Give the lines below again exactly, starting with the line that holds "meant_for start_session = users" and going on through the line that holds "next_injective a b h = cc".

[Saved entries]
───

-- ===== src/Characters.antt =====
-- apps/viewer-api-go/internal/characters: identities of generated characters.
pub mod Episodes
pub mod Identity
pub mod Chains
pub mod Acyclic
pub mod Fuel
pub mod Merged
pub mod Resolved
pub mod Allocator
pub mod Ordinals
pub mod Assigned
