-- ===== src/Server/Access.antt =====
-- Who reaches the handlers.
use mathlib.Core.Path.{subst}
use tao_core_go.Prelude.{
  ℕ, Text, Bool, true, false, Option, none, some, List, [], ◌∷◌, ◌≡◌, refl, inl, inr, All, any,
  codes, ◌==◌, text_eq_instance, if◌then◌else◌, Bool-cases,
}
use tao_core_go.Prelude.Rows.{In, All-In}
use tao_core_go.Auth.{
  JwtConfig, Jwt, Identity, Answer, next, aborted, and_then, jwt_auth_middleware, require_role,
}
use tao_core_go.Auth.Access.{IsAuthenticated, jwt_auth_middleware-IsAuthenticated}
use tao_core_go.Server.{
  Middleware, auth, admin, limited, Endpoint, uploads, start_session, get_session, save_response,
  submit_session, record_event, initiate_login, handle_launch, Route, routes, run_chain,
}

pub data Access : Type 0 where
  everyone users administrators : Access

-- The security boundary: the two LTI steps are open to everyone, what a student does is for users,
-- and all else is for administrators.
abbrev pub meant_for : Endpoint → Access
meant_for initiate_login = everyone
meant_for handle_launch = everyone
meant_for uploads = users
meant_for start_session = users
meant_for get_session = users
meant_for save_response = users
meant_for submit_session = users
meant_for record_event = users
meant_for _ = administrators

next_injective : {A : Type 0} (a b : A) → ◌≡◌ {A = Answer A} (next a) (next b) → a ≡ b
next_injective a b h = cc

-- The rate limiter lets a request through or ends it.
within_limit :
    {A : Type 0} (allowed : Bool) (a b : A)
    → (if allowed then next a else aborted 429) ≡ next b
    → next a ≡ next b
within_limit true a b h = h
within_limit false a b h = cc

module _ (jwt : Jwt) (config : JwtConfig) (now : ℕ) (auth_header : Text) (allowed : Bool) where
  -- A user has a valid token; an administrator's has the role.
  pub data MayReach : Access → Option Identity → Type 0 where
    anyone : (who : Option Identity) → MayReach everyone who
    user :
        (identity : Identity)
        → IsAuthenticated jwt config now auth_header identity
        → MayReach users (some identity)
    administrator :
        (identity : Identity)
        → IsAuthenticated jwt config now auth_header identity
        → any (λ role. role == codes "ADMIN") identity.user_roles ≡ true
        → MayReach administrators (some identity)

  abbrev runs : List Middleware → Answer (Option Identity)
  runs chain = run_chain jwt config now auth_header allowed chain none

  through_auth :
      (f : Identity → Answer (Option Identity)) (who : Option Identity)
      → and_then (jwt_auth_middleware jwt config now auth_header) f ≡ next who
      → (identity : Identity) × IsAuthenticated jwt config now auth_header identity
        × (f identity ≡ next who)
  through_auth f who h = go (jwt_auth_middleware jwt config now auth_header) refl h
    where
      go :
          (x : Answer Identity)
          → jwt_auth_middleware jwt config now auth_header ≡ x
          → and_then x f ≡ next who
          → (identity : Identity) × IsAuthenticated jwt config now auth_header identity
            × (f identity ≡ next who)
      go (next identity) e k = (
        identity,
        (jwt_auth_middleware-IsAuthenticated jwt config now auth_header identity).0 e,
        k,
      )
      go (aborted status) e k = cc

  users_pass : (who : Option Identity) → runs (auth ∷ []) ≡ next who → MayReach users who
  unfolding run_chain
  users_pass who h =
      let (identity, known, e) = through_auth (λ i. next (some i)) who h in
      subst (MayReach users) (next_injective _ _ e) (user identity known)

  limited_users_pass :
      (who : Option Identity) → runs (auth ∷ limited ∷ []) ≡ next who → MayReach users who
  unfolding run_chain
  limited_users_pass who h =
      let (identity, known, e) =
        through_auth (λ i. if allowed then next (some i) else aborted 429) who h in
      subst (MayReach users) (next_injective _ _ (within_limit allowed (some identity) who e))
        (user identity known)

  administrators_pass :
      (who : Option Identity) → runs (auth ∷ admin ∷ []) ≡ next who → MayReach administrators who
  unfolding run_chain require_role
  administrators_pass who h =
      let (identity, known, e) =
        through_auth (λ i. and_then (require_role (codes "ADMIN") (some i)) (λ j. next (some j)))
          who h in
      elim (Bool-cases (any (λ role. role == codes "ADMIN") identity.user_roles)) [
        | inl has_role ↦
            let k : next (some identity) ≡ next who = rw has_role at e in
            subst (MayReach administrators) (next_injective _ _ k)
              (administrator identity known has_role)
        | inr lacks ↦
            let k : ◌≡◌ {A = Answer (Option Identity)} (aborted 403) (next who) = rw lacks at e in
            cc
      ]

  -- The route lets through only whom it is meant for.
  abbrev IsGuarded : Route → Type 0
  IsGuarded route =
      (who : Option Identity)
      → runs route.chain ≡ next who
      → MayReach (meant_for route.endpoint) who

  routes-AreGuarded : All IsGuarded routes
  unfolding routes
  routes-AreGuarded = (
    users_pass,
    (
      users_pass,
      (
        administrators_pass,
        (
          users_pass,
          (
            users_pass,
            (
              limited_users_pass,
              (
                users_pass,
                (
                  users_pass,
                  (
                    administrators_pass,
                    (
                      administrators_pass,
                      (
                        administrators_pass,
                        (
                          administrators_pass,
                          (
                            administrators_pass,
                            (
                              administrators_pass,
                              (
                                administrators_pass,
                                (
                                  administrators_pass,
                                  (
                                    λ who h. anyone who,
                                    (λ who h. anyone who, (λ who h. anyone who, tt)),
                                  ),
                                ),
                              ),
                            ),
                          ),
                        ),
                      ),
                    ),
                  ),
                ),
              ),
            ),
          ),
        ),
      ),
    ),
  )

  -- Whoever gets through the middlewares of a registered route may reach it: the LTI login and
  -- launch are open to everyone, what a student does needs a valid token, and every other endpoint
  -- needs a valid token with the role ADMIN.
  pub routes-MayReach :
      (route : Route) (who : Option Identity)
      → In route routes
      → run_chain jwt config now auth_header allowed route.chain none ≡ next who
      → MayReach (meant_for route.endpoint) who
  routes-MayReach route who listed h = All-In IsGuarded routes route routes-AreGuarded listed who h
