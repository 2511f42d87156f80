-- ===== src/Server/Tests.antt =====
-- An administrator at the route of the webhook logs.
use tao_core_go.Prelude.{true, none, some, [], ◌∷◌, ◌≡◌, refl, inl, inr, any, text_eq, codes}
use tao_core_go.Prelude.Rows.{In}
use tao_core_go.Auth.{JwtConfig, Claims, Jwt, Identity, next, jwt_auth_middleware, require_role}
use tao_core_go.Server.{get, auth, admin, webhook_logs, Route, routes, run_chain}
use tao_core_go.Server.Access.{administrators, MayReach, routes-MayReach}

abbrev config : JwtConfig
config = record {
  secret = codes "0123456789abcdef0123456789abcdef";
  issuer = codes "tao";
  audience = codes "api";
}

abbrev ann_claims : Claims
ann_claims = record {
  user_id = codes "ann";
  roles = codes "ADMIN" ∷ [];
  expires_at = some 105;
  issued_at = some 5;
  issuer = codes "tao";
  audience = codes "api" ∷ [];
}

abbrev jwt : Jwt
jwt = record {
  numeric_date = λ t. t;
  sign = λ secret claims. some (codes "t");
  parse = λ secret issuer audience now token. some ann_claims;
}

abbrev ann : Identity
ann = record { user_id = codes "ann"; user_roles = codes "ADMIN" ∷ [] }

abbrev logs_route : Route
logs_route = record {
  method = get;
  path = codes "/api/v1/webhooks/logs";
  chain = auth ∷ admin ∷ [];
  endpoint = webhook_logs;
}

listed : In logs_route routes
unfolding routes
listed =
    inr
      (inr (inr (inr (inr (inr (inr (inr (inr (inr (inr (inr (inr (inr (inr (inl refl)))))))))))))))

passes : run_chain jwt config 50 (codes "Bearer t") true logs_route.chain none ≡ next (some ann)
unfolding run_chain jwt_auth_middleware require_role any text_eq
passes = refl

routes-MayReach_example : MayReach jwt config 50 (codes "Bearer t") true administrators (some ann)
routes-MayReach_example =
    routes-MayReach jwt config 50 (codes "Bearer t") true logs_route (some ann) listed passes
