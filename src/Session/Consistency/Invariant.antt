-- ===== src/Session/Consistency/Invariant.antt =====
-- The invariant of the session tables, and what a list of open sessions says.
use tao_core_go.Prelude.{
  ◌≤◌, Text, true, ◌&&◌, none, some, List, [], ◌∷◌, ◌≡◌, refl, ap, inl, inr, arith, ◌==◌,
  text_eq_instance, find, filter, count, length-filter, ltb, Option-cases, Bool-cases, length, ◌∙◌,
}
use tao_core_go.Prelude.Rows.{In, IsUnique, In-filter}
use tao_core_go.Models.{Delivery, TestSession, ItemResponse}
use tao_core_go.Store.{Db, Result, Error}
use tao_core_go.Store.Faults.{Outcome, driver_failed, refused, succeeded}
use tao_core_go.Session.Start.{belongs, is_open, allowed_attempts, latest}

module _ {F : Type 0} where
  pub record IsConsistent (db : Db F) : Type 0 where
    pub session_ids : IsUnique (λ (s : TestSession F). s.id) db.sessions
    pub response_ids : IsUnique (λ (r : ItemResponse F). r.id) db.responses
    pub one_open : (d u : Text) → count (λ s. belongs d u s && is_open s) db.sessions ≤ 1
    pub capped :
        (d u : Text) (delivery : Delivery)
        → find (λ (r : Delivery). r.id == d) db.deliveries ≡ some delivery
        → count (belongs d u) db.sessions ≤ allowed_attempts delivery.max_attempts

  pub In-latest : (xs : List (TestSession F)) (s : TestSession F) → latest xs ≡ some s → In s xs
  unfolding latest
  In-latest [] s h = cc
  In-latest (x ∷ xs) s h = elim (Option-cases (latest xs)) [
    | inl none_later ↦ inl (ground arith)
    | inr (t, later) ↦ elim (Bool-cases (ltb x.attempt t.attempt)) [
      | inl lt ↦ let e : t ≡ s = ground arith in inr (In-latest xs s (later ∙ ap some e))
      | inr ge ↦ inl (ground arith)
    ]
  ]

  latest-none : (xs : List (TestSession F)) → latest xs ≡ none → length xs ≡ 0
  unfolding latest
  latest-none [] h = refl
  latest-none (x ∷ xs) h = absurd (ground arith)

  -- Where no open session is found there is none.
  pub count_open_zero :
      (d u : Text) (xs : List (TestSession F))
      → latest (filter (λ s. belongs d u s && is_open s) xs) ≡ none
      → count (λ s. belongs d u s && is_open s) xs ≡ 0
  count_open_zero d u xs h = omega (
    arith,
    latest-none (filter (λ s. belongs d u s && is_open s) xs) h,
    length-filter (λ s. belongs d u s && is_open s) xs,
  )

  pub open_session_In :
      (d u : Text) (xs : List (TestSession F)) (s : TestSession F)
      → latest (filter (λ s. belongs d u s && is_open s) xs) ≡ some s
      → In s xs × (belongs d u s && is_open s ≡ true)
  open_session_In d u xs s h = In-filter (λ s. belongs d u s && is_open s) xs s (In-latest _ s h)

  -- A success that keeps the invariant is all that a call can do to it.
  pub Outcome-IsConsistent :
      {A : Type 0} (db : Db F) (Q : Error → Type 0) (P : A → Db F → Type 0)
      → IsConsistent db
      → ((a : A) (db' : Db F) → P a db' → IsConsistent db')
      → (r : Result A) (db' : Db F) → Outcome db Q P r db'
      → IsConsistent db'
  Outcome-IsConsistent db Q P c step r db' driver_failed = c
  Outcome-IsConsistent db Q P c step r db' (refused e q) = c
  Outcome-IsConsistent db Q P c step r db' (succeeded a _ p) = step a db' p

───

▶ [Response area]:
meant_for start_session = users
meant_for get_session = users
meant_for save_response = users
meant_for submit_session = users
meant_for record_event = users
meant_for _ = administrators

next_injective : {A : Type 0} (a b : A) → ◌≡◌ {A = Answer A} (next a) (next b) → a ≡ b
next_injective a b h = cc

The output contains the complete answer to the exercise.